CAIT secretary general Praveen Khandelwal has slammed quick commerce companies, accusing them of aggressively sidelining small retailers. He alleged that these firms openly disregard FDI policies and violate provisions of the Competition Act, further destabilising the retail sector. Khandelwal also highlighted the Union Commerce Minister’s recent remarks on quick commerce, where he raised concerns and proposed integrating these platforms with local kirana stores. Khandelwal also revealed plans for a trader delegation to meet Goyal soon to address the issue. Additionally, CAIT is set to host a two-day national seminar in Delhi on January 6-7 to deliberate on this and other critical trade challenges.

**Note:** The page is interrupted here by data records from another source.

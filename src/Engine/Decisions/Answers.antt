-- ===== src/Engine/Decisions/Answers.antt =====
-- internal/engine/daily.go, awaitDecisions: that it ends, what it returns, and what it writes.
use mathlib.Core.Path.{subst}
use crypto_swing_bot.Prelude.{
  ℕ, ◌+◌, ◌-◌, ◌≤◌, ◌<◌, ◌≡◌, refl, ◌⊎◌, inl, inr, Bool, true, Option, none, some, is_some,
  Option-cases, List, [], ◌∷◌, length, All, arith,
}
use crypto_swing_bot.Prelude.Dict.{Dict, lookup}
use crypto_swing_bot.Domain.{Time}
use crypto_swing_bot.Notify.Approval.{ProposalStatus, pending, approved, can_transition}
use crypto_swing_bot.Engine.World.{
  Proposal, Decision, World, Step, goes, stops, panics, context_canceled,
}
use crypto_swing_bot.Engine.Decisions.{is_due, by_id, await_decisions}
use crypto_swing_bot.Engine.Decisions.Rows.{is_decided, status_at, Moves, Moved}
use crypto_swing_bot.Engine.Decisions.Turns.{is_granted, IsApproved}
use crypto_swing_bot.Engine.Decisions.Loop.{Outcome, done, cut}
use crypto_swing_bot.Engine.Decisions.Ends.{
  IsAsked, by_id-All, by_id-IsOpen, await_decisions-Outcome,
}

is_decided-can_transition :
    (o : Option ProposalStatus)
    → is_decided o ≡ true
    → (s : ProposalStatus) × (o ≡ some s) × (can_transition pending s ≡ true)
unfolding can_transition
is_decided-can_transition none h = absurd (ground (arith, h))
is_decided-can_transition (some s) h = (s, refl, of_status s h)
  where
    of_status : (t : ProposalStatus) → is_decided (some t) ≡ true → can_transition pending t ≡ true
    of_status ProposalStatus.pending e = absurd (ground (arith, e))
    of_status ProposalStatus.approved e = refl
    of_status ProposalStatus.rejected e = refl
    of_status ProposalStatus.expired e = refl
    of_status ProposalStatus.submitted e = absurd (ground (arith, e))
    of_status ProposalStatus.filled e = absurd (ground (arith, e))
    of_status ProposalStatus.failed e = absurd (ground (arith, e))

module _ {F D : Type 0} where
  -- Every proposal is decided, or the wait was canceled at an instant at which that was due.
  abbrev pub IsSettled : List (Proposal F D) → Step F D (List (Proposal F D)) → Type 0
  IsSettled ps (goes qs w') = All (λ p. is_decided (status_at p.id w') ≡ true) ps
  IsSettled ps (stops e w') = (e ≡ context_canceled) × (is_due w'.now w'.cancel_at ≡ true)
  IsSettled ps panics = ⊥

  -- The rows of this id before and after: the same status, or a pending one that was decided.
  abbrev pub IsLawful : World F D → World F D → ℕ → Type 0
  IsLawful w w' k =
      (status_at k w' ≡ status_at k w)
      ⊎ ((status_at k w ≡ some pending)
          × ((s : ProposalStatus) × (status_at k w' ≡ some s) × (can_transition pending s ≡ true)))

  -- Every row of the world that a step comes to, also where it stops with an error, is lawful against
  -- the world before; a panic is not.
  abbrev pub LeavesLawful : World F D → Step F D (List (Proposal F D)) → Type 0
  LeavesLawful w (goes qs w') = (k : ℕ) → IsLawful w w' k
  LeavesLawful w (stops e w') = (k : ℕ) → IsLawful w w' k
  LeavesLawful w panics = ⊥

  -- What holds of the world and the proposals that a wait comes to, if it comes to any.
  abbrev IfGoes :
      (List (Proposal F D) → World F D → Type 0) → Step F D (List (Proposal F D)) → Type 0
  IfGoes P (goes qs w') = P qs w'
  IfGoes P _ = Unit

  Moved-decided :
      (m : Dict (Proposal F D)) (w w' : World F D) (k : ℕ)
      → Moves m w [] w'
      → is_some (lookup k m) ≡ true
      → is_decided (status_at k w') ≡ true
  Moved-decided m w w' k f h = elim (f k) [
    | inl kept ↦ absurd (ground (arith, h, kept.0))
    | inr gone ↦ gone.2
  ]

  All-decided :
      (m : Dict (Proposal F D)) (w w' : World F D) (ps : List (Proposal F D))
      → Moves m w [] w'
      → All (λ p. is_some (lookup p.id m) ≡ true) ps
      → All (λ p. is_decided (status_at p.id w') ≡ true) ps
  All-decided m w w' [] f h = tt
  All-decided m w w' (p ∷ ps) f h = (Moved-decided m w w' p.id f h.0, All-decided m w w' ps f h.1)

  Outcome-IsSettled :
      (queue : List Decision) (m : Dict (Proposal F D)) (w : World F D) (ps : List (Proposal F D))
      (s : Step F D (List (Proposal F D)))
      → All (λ p. is_some (lookup p.id m) ≡ true) ps
      → Outcome queue m w s
      → IsSettled ps s
  Outcome-IsSettled queue m w ps _ h (done qs w' f a) = All-decided m w w' ps f h
  Outcome-IsSettled queue m w ps _ h (cut m' w' g d) = (refl, d)

  granted-All :
      (queue : List Decision) (w' : World F D) (qs : List (Proposal F D))
      → All (IsApproved queue [] w') qs
      → All (λ q. (is_granted queue q.id ≡ true) × (status_at q.id w' ≡ some approved)) qs
  granted-All queue w' [] h = tt
  granted-All queue w' (q ∷ qs) h = ((h.0.2, h.0.1), granted-All queue w' qs h.1)

  Outcome-approved :
      (queue : List Decision) (m : Dict (Proposal F D)) (w : World F D)
      (s : Step F D (List (Proposal F D)))
      → Outcome queue m w s
      → IfGoes
          (λ qs w'.
            All (λ q. (is_granted queue q.id ≡ true) × (status_at q.id w' ≡ some approved)) qs)
          s
  Outcome-approved queue m w _ (done qs w' f a) = granted-All queue w' qs a
  Outcome-approved queue m w _ (cut m' w' g d) = tt

  Moved-IsLawful :
      (m : Dict (Proposal F D)) (w : World F D) (m' : Dict (Proposal F D)) (w' : World F D) (k : ℕ)
      → ((p : Proposal F D) → lookup k m ≡ some p → status_at k w ≡ some pending)
      → Moved m w m' w' k
      → IsLawful w w' k
  Moved-IsLawful m w m' w' k h (inl kept) = inl kept.1
  Moved-IsLawful m w m' w' k h (inr gone) = elim (Option-cases (lookup k m)) [
    | inl missing ↦ absurd (ground (arith, missing, gone.0))
    | inr (p, found) ↦ inr (h p found, is_decided-can_transition (status_at k w') gone.2)
  ]

  Outcome-LeavesLawful :
      (queue : List Decision) (m : Dict (Proposal F D)) (w : World F D)
      (s : Step F D (List (Proposal F D)))
      → ((k : ℕ) (p : Proposal F D) → lookup k m ≡ some p → status_at k w ≡ some pending)
      → Outcome queue m w s
      → LeavesLawful w s
  Outcome-LeavesLawful queue m w _ h (done qs w' f a) = λ k. Moved-IsLawful m w [] w' k (h k) (f k)
  Outcome-LeavesLawful queue m w _ h (cut m' w' f d) = λ k. Moved-IsLawful m w m' w' k (h k) (f k)

  -- With proposals that are pending in the table and a clock that each sleep moves on, the wait ends
  -- within one turn for each queued decision and each instant up to the last deadline, and one more:
  -- every proposal is approved, rejected or expired in the table then, unless a cancellation that was
  -- due cut the wait short. It neither panics nor stops with another error.
  pub await_decisions-ends :
      (horizon : Time) (fuel : ℕ) (first : ℕ → Bool) (poll : Time) (ps : List (Proposal F D))
      (w : World F D)
      → 1 ≤ poll
      → length w.decisions + (horizon - w.now) < fuel
      → All (IsAsked horizon w) ps
      → IsSettled ps (await_decisions fuel first poll ps w)
  await_decisions-ends horizon fuel first poll ps w slow enough asked =
      Outcome-IsSettled w.decisions (by_id ps []) w ps (await_decisions fuel first poll ps w)
        (by_id-All ps []) (await_decisions-Outcome horizon fuel first poll ps w slow enough asked)

  -- Under the same conditions, every proposal that the wait returns has an approval among the queued
  -- decisions, and is approved in the table: no other proposal can go on to the broker.
  pub await_decisions-approved :
      (horizon : Time) (fuel : ℕ) (first : ℕ → Bool) (poll : Time) (ps qs : List (Proposal F D))
      (w w' : World F D)
      → 1 ≤ poll
      → length w.decisions + (horizon - w.now) < fuel
      → All (IsAsked horizon w) ps
      → await_decisions fuel first poll ps w ≡ goes qs w'
      → All (λ q. (is_granted w.decisions q.id ≡ true) × (status_at q.id w' ≡ some approved)) qs
  await_decisions-approved horizon fuel first poll ps qs w w' slow enough asked e =
      subst
        (IfGoes λ rs v.
          All (λ q. (is_granted w.decisions q.id ≡ true) × (status_at q.id v ≡ some approved)) rs)
        e
        (Outcome-approved w.decisions (by_id ps []) w (await_decisions fuel first poll ps w)
          (await_decisions-Outcome horizon fuel first poll ps w slow enough asked))

  -- Under the same conditions, however the wait ends, with every proposal decided or cut short by a
  -- cancellation, it leaves the status of every row of the table as it was, or moves it from pending
  -- on, as the table of transitions allows.
  pub await_decisions-LeavesLawful :
      (horizon : Time) (fuel : ℕ) (first : ℕ → Bool) (poll : Time) (ps : List (Proposal F D))
      (w : World F D)
      → 1 ≤ poll
      → length w.decisions + (horizon - w.now) < fuel
      → All (IsAsked horizon w) ps
      → LeavesLawful w (await_decisions fuel first poll ps w)
  await_decisions-LeavesLawful horizon fuel first poll ps w slow enough asked =
      Outcome-LeavesLawful w.decisions (by_id ps []) w (await_decisions fuel first poll ps w)
        (by_id-IsOpen horizon ps w asked)
        (await_decisions-Outcome horizon fuel first poll ps w slow enough asked)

Additionally, Bhartia has alleged that quick commerce companies have secured over Rs 54,000 crore through FDI but have neither invested in infrastructure or built long-term assets. Instead, he claimed, these funds have been used to offset business losses, dominate supply chains, and provide steep discounts via select vendors, actions he deemed unacceptable. Bhartia also criticised these platforms for operating numerous dark stores nationwide, arguing that this violates regulations prohibiting them from establishing retail outlets. He further accused quick commerce companies of striking exclusive agreements with select vendors, effectively sidelining independent retailers and stifling competition. He claimed that these platforms conceal vendor details from consumers, a practice that he argued breaches the Competition Act and infringes on consumer rights.
CAIT warned that the unchecked rise of foreign-funded quick commerce companies poses a serious threat to India’s small retail sector, as these firms manipulate prices and control inventory through one-sided agreements, undermining fair competition. The organisation called on the government to implement stringent oversight of these companies through existing consumer protection (e-commerce) rules and e-commerce policies. CAIT also demanded immediate action to ensure these platforms adhere to the country's laws and regulations.